(Items listed in a dataset)

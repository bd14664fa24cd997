-- ===== src/Uu.antt =====
-- Library/Implementation/HTUU.c: the printable encoding of RFC 1113 (base 64).
-- A buffer is the list of the bytes from the pointer on. Bytes behind the list, which a decoded
-- group can reach over the terminator, are read as 0. A coded character is taken for an unsigned
-- char: an index into pr2six by a negative `char` is outside the table.
pub mod Bits
pub mod Encode
pub mod RoundTrip
mod Tests
use Prim.Native.Nat.{bit_and, bit_or}
use cern_httpd.Base.{
  ℕ, zero, suc, ◌+◌, ◌-◌, ◌*◌, ◌/◌, ◌%◌, Bool, ◌||◌, List, [], ◌∷◌, ◌++◌, ltb, leb, ◌==◌,
  if◌then◌else◌, get_or, drop, codes,
}

abbrev pub Bytes : Type 0
Bytes = List ℕ

pub six2pr : List ℕ
six2pr = codes "ABCDEFGHIJKLMNOPQRSTUVWXYZabcdefghijklmnopqrstuvwxyz0123456789+/"

-- ENC(c)
unfoldable pub enc : ℕ → ℕ
unfolding six2pr
enc c = get_or six2pr c 0

-- The entry of the table pr2six that HTUU_decode fills on its first call: the place of the
-- character in six2pr, and MAXVAL + 1 for a character that is not in it.
unfoldable pub place : ℕ → ℕ → List ℕ → ℕ
place c j [] = 64
place c j (d ∷ table) = if c == d then j else place c (j + 1) table

unfoldable pub dec : ℕ → ℕ
unfolding six2pr place
dec c = place c 0 six2pr

unfoldable pub char1 : ℕ → ℕ
unfolding enc
char1 a = enc (a / 4)

unfoldable pub char2 : ℕ → ℕ → ℕ
unfolding enc
char2 a b = enc (bit_or (bit_and (a * 16) 48) (bit_and (b / 16) 15))

unfoldable pub char3 : ℕ → ℕ → ℕ
unfolding enc
char3 b c = enc (bit_or (bit_and (b * 4) 60) (bit_and (c / 64) 3))

unfoldable pub char4 : ℕ → ℕ
unfolding enc
char4 c = enc (bit_and c 63)

-- HTUU_encode. `x` and `y` are the two bytes behind the buffer, which the last group reads when the
-- length is no multiple of three; its characters for missing bytes are overwritten by `=`.
unfoldable pub encode : Bytes → ℕ → ℕ → Bytes
unfolding char1 char2 char3 char4
encode [] x y = []
encode (a ∷ []) x y = char1 a ∷ char2 a x ∷ b'=' ∷ b'=' ∷ []
encode (a ∷ b ∷ []) x y = char1 a ∷ char2 a b ∷ char3 b x ∷ b'=' ∷ []
encode (a ∷ b ∷ c ∷ bufin) x y = char1 a ∷ char2 a b ∷ char3 b c ∷ char4 c ∷ encode bufin x y

unfoldable pub skip_blanks : Bytes → Bytes
skip_blanks [] = []
skip_blanks (c ∷ s) = if c == b' ' || c == 9 then skip_blanks s else c ∷ s

-- `while(pr2six[(int)*(bufin++)] <= MAXVAL)`: how many printable characters there are.
unfoldable pub count_printable : Bytes → ℕ
unfolding dec
count_printable [] = 0
count_printable (c ∷ s) = if leb (dec c) 63 then suc (count_printable s) else 0

-- The three bytes of a group of four characters.
unfoldable pub group : Bytes → Bytes
unfolding dec
group s =
    let d0 : ℕ = dec (get_or s 0 0) in
    let d1 : ℕ = dec (get_or s 1 0) in
    let d2 : ℕ = dec (get_or s 2 0) in
    let d3 : ℕ = dec (get_or s 3 0) in
    (bit_or (d0 * 4) (d1 / 16) % 256)
    ∷ (bit_or (d1 * 16) (d2 / 4) % 256)
    ∷ (bit_or (d2 * 64) d3 % 256)
    ∷ []

-- `while (nprbytes > 0)`
unfoldable pub groups : ℕ → Bytes → Bytes
unfolding group
groups zero s = []
groups (suc zero) s = group s
groups (suc (suc zero)) s = group s
groups (suc (suc (suc zero))) s = group s
groups (suc (suc (suc (suc n)))) s = group s ++ groups n (drop 4 s)

-- The third character of the last group, at `bufin[-2]` behind the loop.
unfoldable pub third_of_last : ℕ → Bytes → ℕ
third_of_last n s = get_or s ((n + 3) / 4 * 4 - 2) 0

-- The correction for a last group that is not full: `left` is `nprbytes & 03` behind the loop,
-- which is `n % 4`, and `value` the table's entry for the third character.
unfoldable pub corrected : ℕ → ℕ → ℕ → ℕ
corrected nbytesdecoded left value =
    if left == 0
    then nbytesdecoded
    else if ltb 63 value
    then nbytesdecoded - 2
    else nbytesdecoded - 1

unfoldable pub decoded_count : ℕ → ℕ → Bytes → ℕ
unfolding third_of_last dec corrected
decoded_count nbytesdecoded n s = corrected nbytesdecoded (n % 4) (dec (third_of_last n s))

-- `nprbytes`, cut down if its groups would not fit into the output buffer.
unfoldable pub fitting : ℕ → ℕ → ℕ
fitting outbufsize n = if ltb outbufsize ((n + 3) / 4 * 3) then outbufsize * 4 / 3 else n

-- HTUU_decode: the bytes that it writes, and the number that it returns.
unfoldable pub decode : Bytes → ℕ → Bytes × ℕ
unfolding skip_blanks count_printable fitting groups decoded_count
decode bufcoded outbufsize =
    let s = skip_blanks bufcoded in
    let n = count_printable s in
    let m = fitting outbufsize n in (groups m s, decoded_count ((n + 3) / 4 * 3) m s)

PROMPT ▸
Reproduce the lines of the entries above from the one with "let d2 : ℕ = dec (get_or s 2 0) in" to the one with "groups (suc zero) s = group s", both included, exactly and without any other line.

ANSWER TO THIS PROBLEM ▸
    let d2 : ℕ = dec (get_or s 2 0) in
    let d3 : ℕ = dec (get_or s 3 0) in
    (bit_or (d0 * 4) (d1 / 16) % 256)
    ∷ (bit_or (d1 * 16) (d2 / 4) % 256)
    ∷ (bit_or (d2 * 64) d3 % 256)
    ∷ []

-- `while (nprbytes > 0)`
unfoldable pub groups : ℕ → Bytes → Bytes
unfolding group
groups zero s = []
groups (suc zero) s = group s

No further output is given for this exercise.